Thank you Maximilian. Can you please comment on the AF speed of the f2 vs the f/1.4II? That's really important to me...


----------



## Maximilian (Jan 28, 2017)

Jopa said:


> Maximilian said:
> 
> 
> > The EF 35 f/2 IS was the first lens that came to my mind.
> ...


I don't have the f/1.4 II and I didn't test it because I knew that it would only spoil me  so I can't give you any comparison, sorry.
Maybe someon else here can...


----------



## Larsskv (Jan 28, 2017)

Jopa said:


> Maximilian said:
> 
> 
> > The EF 35 f/2 IS was the first lens that came to my mind.
> ...



In terms of speed both Canon 35mm are excellent, and will not disappoint. The 35LII has absolutely amazing image quality and build, and very satisfying AF. The 35mm f2 is very sharp, but falls behind 35LII most noticeably wide open performance, as well as in color and contrast.

I also have the Tamron 45 f1.8. It is a very good lens, AF is a little slow, but decently accurate. It has some chromatic aberration, but not bad. Sharpness is good and IS is a good selling point. That said, if you compare its overall IQ with the 35LII it comes short. It does not match the 35LII in sharpness, color or contrast, or AF speed. If you can afford it, the 35LII will not disappoint you.

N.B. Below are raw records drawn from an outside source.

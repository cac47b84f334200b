-- ===== src/Admission/Examples.antt =====
-- crates/koprs-admission/src: a concrete review.
use koprs.Prelude.{ℕ, suc, [], ◌≡◌, refl, true, false, none, some, ltb, ok}
use koprs.Admission.Json.{Json, null, string, object, end, field}
use koprs.Admission.Review.{Decoders, default_kind, default_resource, default_user}
use koprs.Admission.Webhook.{code, Validator, route}
use koprs.Admission.Decisions.{IsAllowed, Passed, route-IsAllowed}

abbrev decoders : Decoders Json
decoders = record {
  decode = λ v. ok v;
  decode_kind = λ v. ok default_kind;
  decode_resource = λ v. ok default_resource;
  decode_user = λ v. ok default_user;
}

abbrev body : Json
body =
    object
      (field "request" (object (field "uid" (string "u1") (field "object" (string "pod") end))) end)

-- A validator that counts, and lets through what has an object.
abbrev validate : Validator ℕ Json
validate request w = elim request.object [
  | none ↦ (ok (record { allowed = false; message = none; warnings = [] }), suc w)
  | some o ↦ (ok (record { allowed = true; message = none; warnings = [] }), suc w)
]

let_through : IsAllowed (route decoders validate 10 3 0 body 0).0
unfolding route
let_through = refl

too_slow : route decoders validate 10 11 7 body 0 ≡ (code 500, 7)
unfolding route
too_slow = refl

no_request : IsAllowed (route decoders validate 10 3 0 null 0).0 → ⊥
unfolding route
no_request h = cc

route-IsAllowed_example : (ltb 10 3 ≡ false) × Passed decoders validate body 0
route-IsAllowed_example = route-IsAllowed decoders validate 10 3 0 body 0 let_through
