-- ===== src/Admission/Server.antt =====
-- crates/koprs-admission/src/webhook.rs: `run` and `serve` from the binds to the end of the drain, as
-- steps of the main task, of the task that waits for a signal and of the connections. Sockets,
-- hyper and the scheduler are the environment, which chooses the next event.
pub mod Probes
pub mod Connections
pub mod Examples
use koprs.Prelude.{
  ℕ, suc, zero, ◌≡◌, ◌==◌, Bool, true, false, Option, none, some, String, str_eq, if◌then◌else◌,
  is_some, List, [], ◌∷◌,
}
use koprs.Admission.Builder.{WebhookBuilder}

-- Where the main task is: `accept_failed` is its pause after an error of `accept`.
pub data Phase : Type 0 where
  starting : Phase
  arming : Phase
  binding : Phase
  bound : Phase
  serving : Phase
  accept_failed : Phase
  draining : Phase
  returned : Phase
  failed : Phase

-- The task of the signal: not spawned, waiting, past its store into `ready`, and past its send.
pub data SignalTask : Type 0 where
  absent : SignalTask
  waiting : SignalTask
  cleared : SignalTask
  sent : SignalTask

-- A connection that a task was spawned for, until its watcher is dropped.
pub data Connection : Type 0 where
  handshaking : Connection
  encrypted : Connection
  plain : Connection

pub record Server : Type 0 where
  pub phase : Phase
  pub signal : SignalTask
  pub ready : Bool
  pub shutdown : Bool
  pub connections : List Connection
  pub accepted : ℕ

pub data Event : Type 0 where
  health_bound : Event
  bind_failed : Event
  arm : Event
  signalled : Event
  notified : Event
  listener_bound : Event
  mark_ready : Event
  accept : Event
  accept_error : Event
  slept : Event
  handshake_done : ℕ → Event
  closed : ℕ → Event
  stop : Event
  drained : Event
  drain_timeout : Event

abbrev pub start : Server
start = record {
  phase = starting;
  signal = absent;
  ready = false;
  shutdown = false;
  connections = [];
  accepted = 0;
}

-- The handshake of a connection ends well, or its task ends.
unfoldable pub upgrade : ℕ → List Connection → Option (List Connection)
upgrade i [] = none
upgrade zero (handshaking ∷ cs) = some (encrypted ∷ cs)
upgrade zero (c ∷ cs) = none
upgrade (suc i) (c ∷ cs) = elim (upgrade i cs) [ none ↦ none | some cs' ↦ some (c ∷ cs') ]

unfoldable pub close : ℕ → List Connection → Option (List Connection)
close i [] = none
close zero (c ∷ cs) = some cs
close (suc i) (c ∷ cs) = elim (close i cs) [ none ↦ none | some cs' ↦ some (c ∷ cs') ]

abbrev with_connections : Server → Option (List Connection) → Option Server
with_connections s none = none
with_connections s (some cs) = some (record s { connections = cs })

-- What a new connection begins with.
abbrev first_state : Bool → Connection
first_state true = handshaking
first_state false = plain

module _ {W Tls : Type 0} (b : WebhookBuilder W Tls) where
  -- The main task up to `serve`.
  unfoldable pub start_up : Event → Phase → Server → Option Server
  start_up health_bound starting s = some (record s { phase = arming })
  start_up bind_failed starting s =
      if is_some b.health then some (record s { phase = failed }) else none
  start_up arm arming s =
      some (record s { phase = binding; signal = if b.graceful then waiting else absent })
  start_up listener_bound binding s = some (record s { phase = bound })
  start_up bind_failed binding s = some (record s { phase = failed })
  start_up mark_ready bound s = some (record s { phase = serving; ready = true })
  start_up e p s = none

  -- The spawned task: `ready.store(false)`, then the send.
  unfoldable pub signal_task : Event → SignalTask → Server → Option Server
  signal_task signalled waiting s = some (record s { signal = cleared; ready = false })
  signal_task notified cleared s = some (record s { signal = sent; shutdown = true })
  signal_task e t s = none

  -- `serve`: either branch of its `select!` may be taken when both are ready.
  unfoldable pub serve : Event → Phase → Server → Option Server
  serve accept serving s = some (record s {
    connections = first_state (is_some b.tls_settings) ∷ s.connections;
    accepted = suc s.accepted;
  })
  serve accept_error serving s = some (record s { phase = accept_failed })
  serve slept accept_failed s = some (record s { phase = serving })
  serve stop serving s = if s.shutdown then some (record s { phase = draining }) else none
  serve drained draining s = elim s.connections [
    | [] ↦ some (record s { phase = returned })
    | c ∷ cs ↦ none
  ]
  serve drain_timeout draining s = some (record s { phase = returned })
  serve e p s = none

  -- Which task an event is of; `none` when it cannot come now.
  unfoldable pub step : Event → Server → Option Server
  unfolding start_up signal_task serve
  step health_bound s = start_up health_bound s.phase s
  step bind_failed s = start_up bind_failed s.phase s
  step arm s = start_up arm s.phase s
  step listener_bound s = start_up listener_bound s.phase s
  step mark_ready s = start_up mark_ready s.phase s
  step signalled s = signal_task signalled s.signal s
  step notified s = signal_task notified s.signal s
  step (handshake_done i) s = with_connections s (upgrade i s.connections)
  step (closed i) s = with_connections s (close i s.connections)
  step e s = serve e s.phase s

  pub data Reach (s : Server) : Server → Type 0 where
    here : Reach s s
    next : {t u : Server} → Reach s t → (e : Event) → step e t ≡ some u → Reach s u

-- The answer of the health server to a request for a path.
unfoldable pub health_response : Bool → String → ℕ × String
health_response ready path =
    if str_eq path "/readyz" then if ready then (200, "ok") else (503, "not ready") else (200, "ok")
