-- ===== src/Admission/Server/Connections.antt =====
-- crates/koprs-admission/src/webhook.rs: which connections are served, and what a stop leaves.
use koprs.Prelude.{
  ℕ, zero, suc, ◌≤◌, ◌≡◌, ◌∙◌, refl, Bool, true, false, some, is_some, List, [], ◌∷◌, any, length,
  arith, Option-cases, inl, inr,
}
use koprs.Admission.Builder.{WebhookBuilder}
use koprs.Admission.Server.{Phase, Server, Event, Connection, Reach, step, upgrade, close}
use koprs.Admission.Server

-- A connection that carries requests in the clear.
abbrev pub is_plain : Connection → Bool
is_plain Server.plain = true
is_plain _ = false

upgrade_lem :
    (i : ℕ) (cs ds : List Connection)
    → upgrade i cs ≡ some ds
    → (any is_plain cs ≡ false → any is_plain ds ≡ false) × (length ds ≡ length cs)
unfolding upgrade
upgrade_lem i [] ds h = cc
upgrade_lem zero (c ∷ cs) ds h = ground arith
upgrade_lem (suc i) (c ∷ cs) ds h = elim (Option-cases (upgrade i cs)) [
  | inl e ↦ ground arith
  | inr (cs', e) ↦ ground (arith, upgrade_lem i cs cs' e)
]

close_lem :
    (i : ℕ) (cs ds : List Connection)
    → close i cs ≡ some ds
    → (any is_plain cs ≡ false → any is_plain ds ≡ false) × (length ds ≤ length cs)
unfolding close
close_lem i [] ds h = cc
close_lem zero (c ∷ cs) ds h = ground arith
close_lem (suc i) (c ∷ cs) ds h = elim (Option-cases (close i cs)) [
  | inl e ↦ ground arith
  | inr (cs', e) ↦ ground (arith, close_lem i cs cs' e)
]

abbrev pub has_stopped : Phase → Bool
has_stopped Server.draining = true
has_stopped Server.returned = true
has_stopped _ = false

module _ {W Tls : Type 0} (b : WebhookBuilder W Tls) where
  step-is_plain :
      (e : Event) (s u : Server)
      → step b e s ≡ some u
      → is_some b.tls_settings ≡ true
      → any is_plain s.connections ≡ false
      → any is_plain u.connections ≡ false
  unfolding step
  step-is_plain (Server.handshake_done i) s u h t p =
      elim (Option-cases (upgrade i s.connections)) [
        | inl e ↦ ground arith
        | inr (cs, e) ↦ ground (arith, upgrade_lem i s.connections cs e)
      ]
  step-is_plain (Server.closed i) s u h t p = elim (Option-cases (close i s.connections)) [
    | inl e ↦ ground arith
    | inr (cs, e) ↦ ground (arith, close_lem i s.connections cs e)
  ]
  step-is_plain e s u h t p = ground arith

  -- Of a server with TLS settings no connection ever reaches the router in the clear: in every run,
  -- each open one is in its handshake or came out of it.
  pub no_plain_connection :
      {t : Server}
      → is_some b.tls_settings ≡ true
      → Reach b Server.start t
      → any is_plain t.connections ≡ false
  no_plain_connection h Server.here = refl
  no_plain_connection h (Server.next {t = t} {u = u} r e st) =
      step-is_plain e t u st h (no_plain_connection h r)

  step-has_stopped :
      (e : Event) (s u : Server)
      → step b e s ≡ some u
      → has_stopped s.phase ≡ true
      → (has_stopped u.phase ≡ true)
        × (u.accepted ≡ s.accepted)
        × (length u.connections ≤ length s.connections)
  unfolding step
  step-has_stopped (Server.handshake_done i) s u h p =
      elim (Option-cases (upgrade i s.connections)) [
        | inl e ↦ ground arith
        | inr (cs, e) ↦ ground (arith, upgrade_lem i s.connections cs e)
      ]
  step-has_stopped (Server.closed i) s u h p = elim (Option-cases (close i s.connections)) [
    | inl e ↦ ground arith
    | inr (cs, e) ↦ ground (arith, close_lem i s.connections cs e)
  ]
  step-has_stopped e s u h p = ground arith

  -- Once the main task has left its accept loop, no connection is accepted any more, whatever comes
  -- when, and the open ones only become fewer.
  pub stopped_accepting :
      {s t : Server}
      → has_stopped s.phase ≡ true
      → Reach b s t
      → (has_stopped t.phase ≡ true)
        × (t.accepted ≡ s.accepted)
        × (length t.connections ≤ length s.connections)
  stopped_accepting h Server.here = (h, refl, omega arith)
  stopped_accepting h (Server.next {t = t} {u = u} r e st) =
      let (h', same, fewer) = stopped_accepting h r in
      let (h'', same', fewer') = step-has_stopped e t u st h' in (h'', same' ∙ same, omega arith)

Edit: To make it more difficult, personally I prefer the perspective from 45mm over 35mm. I hope Canon comes up with a 50mm that matches the 35LII within reasonable time...


----------



## Jopa (Jan 28, 2017)

Maximilian said:


> Jopa said:
> 
> 
> > Maximilian said:
> ...



Thank you anyway! The size, price and IS make the 35/2 IS a great choice. It would be so nice if Canon included weather sealing into this lens. The 1.4II is weather sealed, has 1 stop advantage and slightly better optics. Just need to figure out which can move the glass faster...


----------



## Jopa (Jan 28, 2017)

Larsskv said:


> Jopa said:
> 
> 
> > Maximilian said:
> ...



Thank you Lars. Does it mean there is no AF speed penalty for the bigger 1.4II compared to the f/2IS?


----------



## Larsskv (Jan 28, 2017)

Jopa said:


> Larsskv said:
> 
> 
> > Jopa said:
> ...



I haven't done a head to head comparison (and the f2 version is sold), but I don't think you would notice a difference. You can see a demonstration of the 35LII AF speed here:

https://youtu.be/vVJIlPQclk0

It is very comparable to the speed of the 135L.


----------



## Daan Stam (Jan 28, 2017)

You should take a look at the Sigma 35mm ART it is always highly regarded.

Maybe this can help.
https://fstoppers.com/gear/35mm-showdown-canon-canon-l-and-sigma-comparison-3665


----------



## Jopa (Jan 28, 2017)

Larsskv said:


> It is very comparable to the speed of the 135L.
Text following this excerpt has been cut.